The potential for NAIP/NLRC4 inflammasomes composed of heterogeneous NAIPs is novel and provocative. Halff et al. previously proposed that a singular NAIP5-flagellin complex could result in an 11–12 NAIP/NLRC4 oligomer [10]. Although the data in Halff et al. could not rule out multiple NAIP5 monomers, they were indicative of an excess of NLRC4, which is consistent with the average 5:2 NAIP:NLCR4 ratio observed in Tenthorey et al.

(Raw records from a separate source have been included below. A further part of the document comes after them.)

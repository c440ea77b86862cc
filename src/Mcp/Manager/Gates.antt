-- ===== src/Mcp/Manager/Gates.antt =====
-- The two gates of a call, the limiter and the breaker: what a refusal leaves, and what a granted
-- call gives back.
use kubeflare.Prelude.{
  ℕ, ◌≡◌, refl, String, Bool, true, false, Option, none, some, List, arith, ap, sym, ◌∙◌, subst,
  str_eq, eq_iff, if◌then◌else◌, Bool-cases, Option-cases, inl, inr,
}
use kubeflare.Prelude.Dict.{lookup, insert, lookup-insert}
use kubeflare.Limiter.{KeyedSemaphore, Handle, count}
use kubeflare.Limiter
use kubeflare.Limiter.Slots.{acquire_refused, acquire-call}
use kubeflare.Mcp.Breaker.{CircuitBreaker, allow}
use kubeflare.Mcp.Manager.{
  ManagedServer, Manager, Refusal, Done, refused, granted, acquire, done, limiter_gate,
  breaker_gate, put_server, finish,
}

-- The same server: all of it but its limiter, in which each key has as many slots taken.
pub record Same (s s' : ManagedServer) : Type 0 where
  pub rest : s' ≡ record s { limiter = s'.limiter }
  pub slots : (k : String) → count s'.limiter k ≡ count s.limiter k

abbrev pub SameEntry : Option ManagedServer → Option ManagedServer → Type 0
SameEntry none none = Unit
SameEntry (some s) (some s') = Same s s'
SameEntry _ _ = ⊥

allow_refused : (now : ℕ) (b : CircuitBreaker) → (allow now b).1 ≡ false → (allow now b).0 ≡ b
unfolding allow
allow_refused now b e = ground arith

SameEntry-refl : (o : Option ManagedServer) → SameEntry o o
SameEntry-refl none = tt
SameEntry-refl (some s) = record { rest = refl; slots = λ k. refl }

-- A server that is put in place of one that is the same.
SameEntry-insert :
    (m : List (String × ManagedServer)) (name j : String) (s s' : ManagedServer)
    → lookup name m ≡ some s
    → Same s s'
    → SameEntry (lookup j m) (lookup j (insert name s' m))
SameEntry-insert m name j s s' e same = rw lookup-insert (elim (Bool-cases (str_eq name j)) [
  | inl here ↦
      subst (λ k. SameEntry (lookup k m) (if str_eq name j then some s' else lookup j m))
        ((eq_iff name j).0 here) (rw here (rw e same))
  | inr there ↦ rw there (SameEntry-refl (lookup j m))
])

breaker_gate-Same :
    (name : String) (handle : Handle) (s : ManagedServer) (limiter : KeyedSemaphore)
    (r : CircuitBreaker × Bool) (m : Manager) (x : Refusal)
    → lookup name m.servers ≡ some s
    → (r.1 ≡ false → r.0 ≡ s.breaker)
    → ((k : String) → count (Limiter.call handle limiter).1 k ≡ count s.limiter k)
    → (breaker_gate name handle (record s { limiter = limiter }) r m).1 ≡ refused x
    → (j : String)
    → SameEntry
        (lookup j m.servers)
        (lookup j (breaker_gate name handle (record s { limiter = limiter }) r m).0.servers)
unfolding put_server
breaker_gate-Same name handle s limiter (b, true) m x found kept back e j = cc
breaker_gate-Same name handle s limiter (b, false) m x found kept back e j =
    SameEntry-insert m.servers name j s _ found (record {
      rest =
          ap (λ b. record s { limiter = (Limiter.call handle limiter).1; breaker = b }) (kept refl);
      slots = back;
    })

limiter_gate-Same :
    (now : ℕ) (name : String) (s : ManagedServer) (r : KeyedSemaphore × Option Handle) (m : Manager)
    (x : Refusal)
    → lookup name m.servers ≡ some s
    → Limiter.acquire s.limiter name ≡ r
    → (limiter_gate now name s r m).1 ≡ refused x
    → (j : String)
    → SameEntry (lookup j m.servers) (lookup j (limiter_gate now name s r m).0.servers)
unfolding put_server
limiter_gate-Same now name s (limiter, none) m x found e refusal j =
    SameEntry-insert m.servers name j s _ found (record {
      rest = refl;
      slots = λ k.
          ap (λ l. count l k)
            (sym (ap (λ p. p.0) e) ∙ acquire_refused s.limiter name (ap (λ p. p.1) e));
    })
limiter_gate-Same now name s (limiter, some handle) m x found e refusal j =
    breaker_gate-Same name handle s limiter (allow now s.breaker) m x found
      (allow_refused now s.breaker)
      (λ k.
        subst (λ l. count (Limiter.call handle l).1 k ≡ count s.limiter k) (ap (λ p. p.0) e)
          (acquire-call s.limiter name k handle (ap (λ p. p.1) e)))
      refusal j

-- A call that is refused, for whatever reason, leaves every server as it was, its tools, its client,
-- its state and its breaker, so a refusal never uses up the trial of a half-open one; and in its
-- limiter every key has as many slots taken as before.
pub refused_keeps_servers :
    (now : ℕ) (server : String) (m : Manager) (r : Refusal)
    → (acquire now server m).1 ≡ refused r
    → (j : String) → SameEntry (lookup j m.servers) (lookup j (acquire now server m).0.servers)
unfolding acquire
refused_keeps_servers now server m r e j = elim (Option-cases (lookup server m.servers)) [
  | inl missing ↦ rw missing (SameEntry-refl (lookup j m.servers))
  | inr (s, found) ↦ rw found (
      limiter_gate-Same now server s (Limiter.acquire s.limiter server) m r found refl
        (rw found at e) j)
]

-- What a granted call has done.
record Grant (now : ℕ) (server : String) (m : Manager) (d : Done) : Type 0 where
  s : ManagedServer
  handle : Handle
  found : lookup server m.servers ≡ some s
  taken : (Limiter.acquire s.limiter server).1 ≡ some handle
  closure : d ≡ record { server = server; release = handle; fired = false }
  after :
      (acquire now server m).0
      ≡ put_server server
          (record s {
            limiter = (Limiter.acquire s.limiter server).0;
            breaker = (allow now s.breaker).0;
          })
          m

acquire-Grant :
    (now : ℕ) (server : String) (m : Manager) (d : Done)
    → (acquire now server m).1 ≡ granted d
    → Grant now server m d
unfolding acquire
acquire-Grant now server m d e = elim (Option-cases (lookup server m.servers)) [
  | inl missing ↦ absurd (ground (arith, missing))
  | inr (s, found) ↦ elim (Option-cases (Limiter.acquire s.limiter server).1) [
    | inl full ↦ absurd (ground (arith, found, full))
    | inr (handle, taken) ↦ record {
      s = s;
      handle = handle;
      found = found;
      taken = taken;
      closure = ground (arith, found, taken);
      after = ground (arith, found, taken);
    }
  ]
]

-- The slots of a key that a server has taken, 0 for a server that is not there.
abbrev pub slots_of : Option ManagedServer → String → ℕ
slots_of none k = 0
slots_of (some s) k = count s.limiter k

lookup-insert_self :
    (k : String) (v : ManagedServer) (m : List (String × ManagedServer))
    → lookup k (insert k v m) ≡ some v
lookup-insert_self k v m = rw lookup-insert (ground (arith, eq_iff k k))

slots_of-insert :
    (servers : List (String × ManagedServer)) (server j k : String) (s s' : ManagedServer)
    → lookup server servers ≡ some s
    → count s'.limiter k ≡ count s.limiter k
    → slots_of (lookup j (insert server s' servers)) k ≡ slots_of (lookup j servers) k
slots_of-insert servers server j k s s' found same =
    rw lookup-insert (ground (arith, eq_iff server j, found, same))

slots_of-insert_twice :
    (servers : List (String × ManagedServer)) (server j k : String) (x s : ManagedServer)
    → slots_of (lookup j (insert server s (insert server x servers))) k
      ≡ slots_of (lookup j (insert server s servers)) k
slots_of-insert_twice servers server j k x s = simp lookup-insert (ground (arith, eq_iff server j))

slots_of-finish :
    (at later : ℕ) (success : Bool) (server j k : String) (handle : Handle) (s s' : ManagedServer)
    (m : Manager)
    → lookup server m.servers ≡ some s
    → count (Limiter.call handle s'.limiter).1 k ≡ count s.limiter k
    → let m' = put_server server s' m in
      slots_of
        (lookup j
          (finish at later success
            (record { server = server; release = handle; fired = false })
            (lookup server m'.servers)
            m').servers)
        k
      ≡ slots_of (lookup j m.servers) k
unfolding put_server
slots_of-finish at later success server j k handle s s' m found same =
    rw (lookup-insert_self server s' m.servers) (
      slots_of-insert_twice m.servers server j k s' _
      ∙ slots_of-insert m.servers server j k s _ found same)

-- Reporting the result of a granted call gives its slot back, whatever the result, so that every
-- key of every server counts what it did before the call; reporting it again does nothing.
pub granted_done :
    (now at later : ℕ) (success : Bool) (server : String) (m : Manager) (d : Done)
    → (acquire now server m).1 ≡ granted d
    → let after = done at later success d (acquire now server m).0 in
      ((j k : String) → slots_of (lookup j after.1.servers) k ≡ slots_of (lookup j m.servers) k)
      × (done at later success after.0 after.1 ≡ after)
unfolding done put_server
granted_done now at later success server m d e =
    let g = acquire-Grant now server m d e in
    rw (g.closure, g.after)
      (
        λ j k.
            slots_of-finish at later success server j k g.handle g.s _ m g.found
              (acquire-call g.s.limiter server k g.handle g.taken),
        refl,
      )
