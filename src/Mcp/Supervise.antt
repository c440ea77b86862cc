-- ===== src/Mcp/Supervise.antt =====
-- internal/module/agent/infrastructure/mcp/manager.go: the goroutine that keeps one server
-- connected. What it meets in a round of its loop is an argument: whether the context is cancelled,
-- how the connection goes, what the ticks of the health loop find, how long the connection lived and
-- whether the sleep is cut short. Times are nanoseconds.
pub mod Backoff
pub mod Connection
use kubeflare.Prelude.{
  ℕ, ◌*◌, Bool, true, false, ◌||◌, Option, none, some, List, [], ◌∷◌, ◌++◌, String, ltb, leb, ◌==◌,
  if◌then◌else◌,
}
use kubeflare.Mcp.Breaker.{second}
use kubeflare.Mcp.Tools.{RemoteTool, to_tool_definitions}
use kubeflare.Mcp.Manager.{
  ManagedServer, Metrics, ConnState, connecting, ready, failed, disconnected, set_state,
  store_tools,
}

abbrev pub reconnect_base_backoff : ℕ
reconnect_base_backoff = 1 * second

abbrev pub reconnect_max_backoff : ℕ
reconnect_max_backoff = 30 * second

abbrev pub min_server_uptime : ℕ
min_server_uptime = 10 * second

unfoldable pub next_backoff : ℕ → ℕ
next_backoff current =
    if ltb reconnect_max_backoff (current * 2) then reconnect_max_backoff else current * 2

-- `dial` and `ListTools`: the dial fails, the listing over a new client fails, or it succeeds.
pub data Connect : Type 0 where
  dial_failed : Connect
  list_failed : ℕ → Connect
  listed : ℕ → List RemoteTool → Connect

-- What `runHealthLoop` finds: the context is done, or at a tick the client is closed, or the ping goes
-- through or fails.
pub data Probe : Type 0 where
  cancelled client_closed pinged ping_failed : Probe

-- Whether `runHealthLoop` has returned behind these ticks, or still waits for the next.
unfoldable pub run_health_loop : List Probe → Bool
run_health_loop [] = false
run_health_loop (pinged ∷ probes) = run_health_loop probes
run_health_loop (_ ∷ probes) = true

pub record Round : Type 0 where
  pub cancelled_before : Bool
  pub connect : Connect
  pub probes : List Probe
  pub cancelled_after : Bool
  pub uptime : ℕ
  pub awake : Bool

-- The server, the manager's metrics and its `closed` flag, the variable `backoff`, the sleeps and
-- the calls of `onReady` so far, whether the goroutine has returned, and whether it stands in the
-- health loop of a connection.
pub record Supervisor : Type 0 where
  pub server : ManagedServer
  pub metrics : Option Metrics
  pub closed : Bool
  pub backoff : ℕ
  pub sleeps : List ℕ
  pub announced : List String
  pub returned : Bool
  pub waiting : Bool

unfoldable pub start_supervisor : ManagedServer → Option Metrics → Supervisor
start_supervisor server metrics = record {
  server = server;
  metrics = metrics;
  closed = false;
  backoff = reconnect_base_backoff;
  sleeps = [];
  announced = [];
  returned = false;
  waiting = false;
}

unfoldable pub set_server_state : ConnState → Supervisor → Supervisor
unfolding set_state
set_server_state state s = record s {
  server = record s.server { state = state };
  metrics = set_state s.server.config.name state s.metrics;
}

-- The steps of `connectOnce` behind a successful listing.
abbrev make_ready : ℕ → List RemoteTool → Supervisor → Supervisor
make_ready client remote s =
    let stored = store_tools (to_tool_definitions s.server.config remote) s.server in
    let r = set_server_state ready (record s { server = record stored { client = some client } }) in
    record r { announced = r.announced ++ r.server.config.name ∷ [] }

abbrev connect_from : Connect → Supervisor → Supervisor × Option ℕ
connect_from dial_failed s = (s, none)
connect_from (list_failed client) s = (s, none)
connect_from (listed client remote) s = (make_ready client remote s, some client)

unfoldable pub connect_once : Connect → Supervisor → Supervisor × Option ℕ
unfolding set_server_state store_tools
connect_once c s = connect_from c (set_server_state connecting s)

abbrev clear_client : ℕ → Option ℕ → Option ℕ
clear_client client none = none
clear_client client (some current) = if current == client then none else some current

unfoldable pub drop_client : ℕ → Supervisor → Supervisor
unfolding set_server_state
drop_client client s =
    let dropped = record s {
      server = record s.server { client = clear_client client s.server.client };
    } in
    if s.closed then dropped else set_server_state disconnected dropped

abbrev give_up : Supervisor → Supervisor
give_up s = record s { returned = true }

-- `if !sleepCtx(ctx, backoff) { return }` and the longer backoff for the next time.
unfoldable pub back_off : Bool → Supervisor → Supervisor
unfolding next_backoff
back_off awake s =
    let slept = record s { sleeps = s.sleeps ++ s.backoff ∷ [] } in
    if awake then record slept { backoff = next_backoff s.backoff } else give_up slept

-- Behind the health loop.
abbrev after_health : Round → ℕ → Supervisor → Supervisor
after_health r client s =
    let dropped = drop_client client s in
    if r.cancelled_after
    then give_up dropped
    else if leb min_server_uptime r.uptime
    then record dropped { backoff = reconnect_base_backoff }
    else back_off r.awake dropped

abbrev after_connect : Round → Supervisor × Option ℕ → Supervisor
after_connect r (s, none) =
    if r.cancelled_after then give_up s else back_off r.awake (set_server_state failed s)
after_connect r (s, some client) =
    if run_health_loop r.probes then after_health r client s else record s { waiting = true }

-- One round of the loop, as far as its health loop has come.
unfoldable pub round : Round → Supervisor → Supervisor
unfolding connect_once drop_client back_off set_server_state run_health_loop
round r s = if r.cancelled_before then give_up s else after_connect r (connect_once r.connect s)

unfoldable pub supervise : List Round → Supervisor → Supervisor
unfolding round
supervise [] s = s
supervise (r ∷ rs) s =
    let rest = supervise rs (round r s) in if s.returned || s.waiting then s else rest
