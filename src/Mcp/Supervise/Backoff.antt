-- ===== src/Mcp/Supervise/Backoff.antt =====
-- How long the goroutine sleeps.
use kubeflare.Prelude.{
  ◌⊎◌, ◌∙◌, ap, sym, ◌&&◌, ◌||◌, Option, ℕ, zero, suc, ◌*◌, ◌^◌, ◌≤◌, ◌≡◌, refl, Bool, true, false,
  List, [], ◌∷◌, ◌++◌, arith, All, length, leb, Bool-cases, inl, inr,
}
use mathlib.Core.List.{append-nil, append_assoc}
use native.Mathlib.Nat.{pow-suc}
use Prim.Native.Nat.{min}
use kubeflare.Mcp.Manager.{ManagedServer, Metrics}
use kubeflare.Mcp.Supervise.{
  reconnect_base_backoff, reconnect_max_backoff, min_server_uptime, next_backoff, Connect,
  dial_failed, list_failed, listed, Round, Supervisor, start_supervisor, round, supervise,
  run_health_loop,
}

abbrev pub InRange : ℕ → Type 0
InRange t = (reconnect_base_backoff ≤ t) × (t ≤ reconnect_max_backoff)

All-append : {A : Type 0} (P : A → Type 0) (xs ys : List A) → All P xs → All P ys → All P (xs ++ ys)
All-append P [] ys h k = k
All-append P (x ∷ xs) ys h k = (h.0, All-append P xs ys h.1 k)

pub record Paced (s : Supervisor) : Type 0 where
  pub current : InRange s.backoff
  pub past : All InRange s.sleeps

-- A round sleeps once, for the backoff, or not at all.
round_sleeps :
    (r : Round) (s : Supervisor)
    → ((round r s).sleeps ≡ s.sleeps) ⊎ ((round r s).sleeps ≡ s.sleeps ++ s.backoff ∷ [])
unfolding round
round_sleeps r s = ground arith

round-Paced : (r : Round) (s : Supervisor) → Paced s → Paced (round r s)
round-Paced r s p = record {
  current = unfold round in ground (arith, p.current);
  past = elim (round_sleeps r s) [
    | inl e ↦ rw e p.past
    | inr e ↦ rw e (All-append InRange s.sleeps (s.backoff ∷ []) p.past (p.current, tt))
  ];
}

pub supervise_over :
    (r : Round) (rs : List Round) (s : Supervisor)
    → (s.returned || s.waiting) ≡ true
    → supervise (r ∷ rs) s ≡ s
unfolding supervise
supervise_over r rs s e = ground arith

pub supervise_on :
    (r : Round) (rs : List Round) (s : Supervisor)
    → (s.returned || s.waiting) ≡ false
    → supervise (r ∷ rs) s ≡ supervise rs (round r s)
unfolding supervise
supervise_on r rs s e = ground arith

supervise-Paced : (rs : List Round) (s : Supervisor) → Paced s → Paced (supervise rs s)
supervise-Paced [] s p = unfold supervise in p
supervise-Paced (r ∷ rs) s p = elim (Bool-cases (s.returned || s.waiting)) [
  | inl over ↦ rw (supervise_over r rs s over) p
  | inr on ↦ rw (supervise_on r rs s on) (supervise-Paced rs (round r s) (round-Paced r s p))
]

-- Whatever happens to the connections, every sleep between two attempts lasts at least the base
-- backoff and at most the greatest one.
pub sleeps_bounded :
    (rs : List Round) (server : ManagedServer) (metrics : Option Metrics)
    → All InRange (supervise rs (start_supervisor server metrics)).sleeps
sleeps_bounded rs server metrics =
    (supervise-Paced rs (start_supervisor server metrics)
      (unfold start_supervisor in record { current = (omega arith, omega arith); past = tt })).past

abbrev pub connects : Connect → Bool
connects dial_failed = false
connects (list_failed client) = false
connects (listed client remote) = true

-- A round that ends in a failure, or in a connection whose health loop returned and that did not live
-- long enough, without the context being cancelled.
abbrev pub Fails : Round → Type 0
Fails r =
    (r.cancelled_before ≡ false)
    × (r.cancelled_after ≡ false)
    × (r.awake ≡ true)
    × (run_health_loop r.probes ≡ true)
    × ((connects r.connect && leb min_server_uptime r.uptime) ≡ false)

-- The n-th delay of an exponential backoff.
abbrev pub delay : ℕ → ℕ
delay n = min (reconnect_base_backoff * 2 ^ n) reconnect_max_backoff

pub delays : ℕ → ℕ → List ℕ
delays n zero = []
delays n (suc k) = delay n ∷ delays (suc n) k

next_backoff-delay : (n : ℕ) → next_backoff (delay n) ≡ delay (suc n)
unfolding next_backoff
next_backoff-delay n = ground (arith, pow-suc 2 n)

round-Fails :
    (r : Round) (s : Supervisor)
    → Fails r
    → (s.returned || s.waiting) ≡ false
    → ((round r s).backoff ≡ next_backoff s.backoff)
      × ((round r s).sleeps ≡ s.sleeps ++ s.backoff ∷ [])
      × (((round r s).returned || (round r s).waiting) ≡ false)
unfolding round
round-Fails r s f on = (ground arith, ground arith, ground arith)

supervise-Fails :
    (n : ℕ) (rs : List Round) (s : Supervisor)
    → All Fails rs
    → (s.returned || s.waiting) ≡ false
    → s.backoff ≡ delay n
    → (supervise rs s).sleeps ≡ s.sleeps ++ delays n (length rs)
supervise-Fails n [] s fs on at = unfold supervise delays in sym (append-nil s.sleeps)
supervise-Fails n (r ∷ rs) s fs on at =
    let (backoff, sleeps, awake) = round-Fails r s fs.0 on in
    rw (supervise_on r rs s on) (
      supervise-Fails (suc n) rs (round r s) fs.1 awake
        (backoff ∙ ap next_backoff at ∙ next_backoff-delay n)
      ∙ ap (λ l. l ++ delays (suc n) (length rs)) (sleeps ∙ ap (λ b. s.sleeps ++ b ∷ []) at)
      ∙ unfold delays in append_assoc s.sleeps (delay n ∷ []) (delays (suc n) (length rs)))

-- As long as no connection lives long enough, the sleeps are exactly those of an exponential
-- backoff: the base doubled each time, up to the greatest.
pub failing_sleeps :
    (rs : List Round) (server : ManagedServer) (metrics : Option Metrics)
    → All Fails rs
    → (supervise rs (start_supervisor server metrics)).sleeps ≡ delays 0 (length rs)
failing_sleeps rs server metrics fs =
    supervise-Fails 0 rs (start_supervisor server metrics) fs (unfold start_supervisor in refl)
      (unfold start_supervisor in refl)
    ∙ unfold start_supervisor in refl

Both studies employed inflammasome reconstitution rather than native proteins, however, so whether their proposed compositions of the NAIP/NLRC4 inflammasome occur in vivo remains to be determined. Assuming a heptameric inflammasome hub, Tenthorey et al.’s results suggest that one NAIP5-flagellin and one NAIP2-rod would have the potential to recruit and activate 5 NLRC4 monomers to form a functional inflammasome hub (Figure 1B). This feature is suggestive of a signal amplification mechanism, wherein detection of distinct pathogen-associated molecules would trigger inflammasome signaling in an additive manner. This could be particularly important for rod and needle detection, as these proteins are produced in vanishingly small quantities. In contrast, 7 molecules of cytochrome c are required to unlock 7 APAF-1 monomers to oligomerize into the apoptosome (Figure 1B). Thus, the unique characteristics of the NAIP/NLRC4 oligomer could make it one of the most sensitive and rapid inflammasomes characterized so far. It remains to be seen whether other NLRs will follow the APAF-1 paradigm, or the NAIP model.